Çok büyük mitinglere tanık olan Kızılay meydanı, artık yasaklı alan ilan edildi. Burası da Ankara’nın Taksimi oldu. Yılların Tandoğan Meydanı, Anadolu Meydanı olarak değiştirildi ama tutmadı. Anadolu Meydanını kimse bilmez herkes Tandoğan der. O güzelim ODTÜ ormanı talan edildi. Çok ağaç kesilerek içinden yollar geçirildi. Yüzüncü yıldaki Vişnelik harap oldu. Atatürk Orman çiftliğine bazı yapılar yapıldı. Ankapark denen park yapıldı. Dinazor heykelleri dikildi. Milyarlar harcandı. Bu gün o park atıl durumdadır.
Çankaya, elit bir büyük kent durumundadır. Kültür ve ekonomik düzeyi Türkiye ortalamasının üstünde olan bir semttir. Çok büyük, absürt mimarinin ve çok katlı gökdelenler en hızlı yükseldiği çirkin binaların semti oldu. Üstte okuduğunuz yabancı yiyecek ve giyim mağaza isimleri daha da çoktur. Sanki başka bir ülkede gibi hissedersiniz. Çayyolu, Ahlatlıbel, Bağlıca artık ulaşılmaz yerler oldu. Batıkent kültürlü bir memur semtidir. Kapalı, türbanlı kadınlar burada pek bulunmaz. Ama Sincan, daracık cadde ve sokakları, muhafazakâr yaşam tarzı, alt gelir ve kültür seviyesiyle Ankara’nın en karışık ilçeleri arasında ilk sıradadır.
Ankara’da gece hayatını üçe ayırabiliriz. Ulus, sanayi çalışanları, lümpenler, kaçamak yapmak isteyen küçük esnaf, yani alt gelir grubuna hitap ediyor. Kızılay memur, tezgahtar, öğrenci, mürekkep yalamış kişilerin gittiği türkü bar, birahane, entelektüellerin uğrak yeridir. Çankaya, Esat, Çayyolu, Oran gibi yerlerde varsıllar yaşar ve oralardaki mekanlar varsıllara hizmet eder.
Yeşili betona tercih eden TOKİ evleri hemen hemen Ankara’nın her yerine hakim oldu. Ama ev kiraları maaşların 1/3 kadarını aşıyor.
Bir de turizm sorunu var.Eskiden az da olsa yabancı turist gelirdi. Ankara’yı turizm merkezi yapacağını vaat eden eski ABB başkanı İ.Melih Gökçek, zamanında beri ben hiç bir yabancı turist görmedim. Çokça Ortadoğu kökenliler görülür oldu. Zaten onlar turist değil asalak geçinenlerdir. Gören varsa resmini çekerek watsaptan bana yollarsa sevinirim.
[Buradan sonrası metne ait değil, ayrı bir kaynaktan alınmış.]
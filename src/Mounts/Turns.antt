-- ===== src/Mounts/Turns.antt =====
-- The mounts of one turn: the remembered recipes with the credentials that the work item brings
-- (BindingsForTurn and tokenIndex of session/internal/auth.go).
use tacklr.Base.{
  ◌≡◌, refl, ap, inl, inr, false, Option, Option-cases, none, some, is_some, List, [], ◌∷◌, map,
  Bytes, codes, is_empty, text_eq_refl, All, subst, trim_space, Dict, lookup, insert, lookup-insert,
  keep, arith, if◌then◌else◌,
}
use tacklr.Mounts.{Credential, Binding, AuthContext, MountRecipe, alias_of, value_of}

-- `tokenIndex`: the credentials by provider and by alias, a later binding's over an earlier one's.
pub record TokenIndex : Type 0 where
  pub by_provider : Dict Credential
  pub by_alias : Dict Credential

index_token : Binding → TokenIndex → TokenIndex
index_token b index =
    let alias = alias_of b in
    if is_empty (trim_space b.auth.token) then index else record {
      by_provider =
          if is_empty b.provider
          then index.by_provider
          else insert b.provider b.auth index.by_provider;
      by_alias = if is_empty alias then index.by_alias else insert alias b.auth index.by_alias;
    }

index_from : List Binding → TokenIndex → TokenIndex
unfolding index_token
index_from [] index = index
index_from (b ∷ bs) index = index_from bs (index_token b index)

unfoldable pub token_index : AuthContext → TokenIndex
unfolding index_from
token_index auth = index_from auth.bindings (record { by_provider = []; by_alias = [] })

-- The credential of a recipe: its alias's, else its provider's.
abbrev pub credential_of : TokenIndex → MountRecipe → Option Credential
credential_of index r = elim (lookup r.alias index.by_alias) [
  | some cred ↦ some cred
  | none ↦ lookup r.provider index.by_provider
]

abbrev pub mounted : MountRecipe → Credential → Binding
mounted r cred = record {
  provider = r.provider;
  point = codes "/workspace";
  auth = cred;
  params = insert (codes "name") r.alias r.params;
  writable = r.writable;
}

bindings_from : TokenIndex → List MountRecipe → List Binding
bindings_from index [] = []
bindings_from index (r ∷ rs) =
    let rest = bindings_from index rs in
    elim (credential_of index r) [ none ↦ rest | some cred ↦ mounted r cred ∷ rest ]

-- `BindingsForTurn`
unfoldable pub bindings_for_turn : List MountRecipe → AuthContext → List Binding
unfolding bindings_from token_index
bindings_for_turn recipes auth = bindings_from (token_index auth) recipes

-- A recipe's alias has no white space around it and is not empty.
abbrev pub Named : MountRecipe → Type 0
Named r = (trim_space r.alias ≡ r.alias) × (is_empty r.alias ≡ false)

mounted-alias :
    (r : MountRecipe) (cred : Credential) → Named r → alias_of (mounted r cred) ≡ r.alias
unfolding alias_of value_of
mounted-alias r cred (trimmed, named) =
    rw
      (
        lookup-insert (codes "name") (codes "name") r.alias r.params,
        text_eq_refl (codes "name"),
        trimmed,
        named,
      )
      refl

abbrev pub HasToken : Credential → Type 0
HasToken cred = is_empty (trim_space cred.token) ≡ false

abbrev AllTokens : Option Credential → Type 0
AllTokens none = Unit
AllTokens (some cred) = HasToken cred

abbrev GoodIndex : TokenIndex → Type 0
GoodIndex index =
    (k : Bytes) → AllTokens (lookup k index.by_provider) × AllTokens (lookup k index.by_alias)

index_token-GoodIndex :
    (b : Binding) (index : TokenIndex) → GoodIndex index → GoodIndex (index_token b index)
unfolding index_token
index_token-GoodIndex b index good k = ground (
  arith,
  good k,
  lookup-insert b.provider k b.auth index.by_provider,
  lookup-insert (alias_of b) k b.auth index.by_alias,
)

index_from-GoodIndex :
    (bs : List Binding) (index : TokenIndex) → GoodIndex index → GoodIndex (index_from bs index)
unfolding index_from
index_from-GoodIndex [] index good = good
index_from-GoodIndex (b ∷ bs) index good =
    index_from-GoodIndex bs (index_token b index) (index_token-GoodIndex b index good)

token_index-GoodIndex : (auth : AuthContext) → GoodIndex (token_index auth)
unfolding token_index lookup
token_index-GoodIndex auth = index_from-GoodIndex auth.bindings _ λ k. (tt, tt)

abbrev pub Mounted : TokenIndex → List MountRecipe → List Binding → Type 0
Mounted index rs bs =
    (map alias_of bs
      ≡ map (λ (r : MountRecipe). r.alias) (keep (λ r. is_some (credential_of index r)) rs))
    × All (λ (b : Binding). HasToken b.auth) bs

credential_of-AllTokens :
    (index : TokenIndex) (r : MountRecipe) → GoodIndex index → AllTokens (credential_of index r)
credential_of-AllTokens index r good = ground (arith, good r.alias, good r.provider)

bindings_from-Mounted :
    (index : TokenIndex) (rs : List MountRecipe)
    → GoodIndex index
    → All Named rs
    → Mounted index rs (bindings_from index rs)
unfolding bindings_from
bindings_from-Mounted index [] good named = (refl, tt)
bindings_from-Mounted index (r ∷ rs) good named =
    let rest = bindings_from-Mounted index rs good named.1 in
    elim (Option-cases (credential_of index r)) [
      | inl absent ↦ rw (absent, bindings_from) rest
      | inr (cred, found) ↦
          let token : HasToken cred =
            subst AllTokens found (credential_of-AllTokens index r good) in
          rw (found, bindings_from)
            (rw (mounted-alias r cred named.0) (ap (◌∷◌ r.alias) rest.0), (token, rest.1))
    ]

-- Where each recipe's alias is a name with no white space around it, a turn mounts the recipes
-- whose alias or provider has a credential, in their order and each under its alias, and every
-- mount has a token.
pub bindings_for_turn-Mounted :
    (recipes : List MountRecipe) (auth : AuthContext)
    → All Named recipes
    → Mounted (token_index auth) recipes (bindings_for_turn recipes auth)
unfolding bindings_for_turn
bindings_for_turn-Mounted recipes auth named =
    bindings_from-Mounted (token_index auth) recipes (token_index-GoodIndex auth) named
Şimdi soru şu; elli yıl önceki Ankara’da mı yaşamak istersiniz yoksa şimdiki Ankara’da mı?
Ömer Yalçın
18.09.2020
YORUMLAR
Bit pazarı itfaiye meydanı, Aydınlıkevler eskinin lüks semti idi, rahmetli modern carsı Ulys'ra Sümerbank unutulur mu...bir de Hacettepe kabadayıları.
1972-2009 yıllrında aralıklarla yaşadığım şehir..."Aşaaeylence bebesi"yiz diye çok tesbih salladık.
Sehrin ölümüne tanıklık etmediğine seviniyorum, inşallah yeniden canlanır. Güzel bir yazı olmuş hoşuma gitti. Sağolun...
Kimbilir tarafından 9/18/2020 6:40:14 PM zamanında düzenlenmiştir.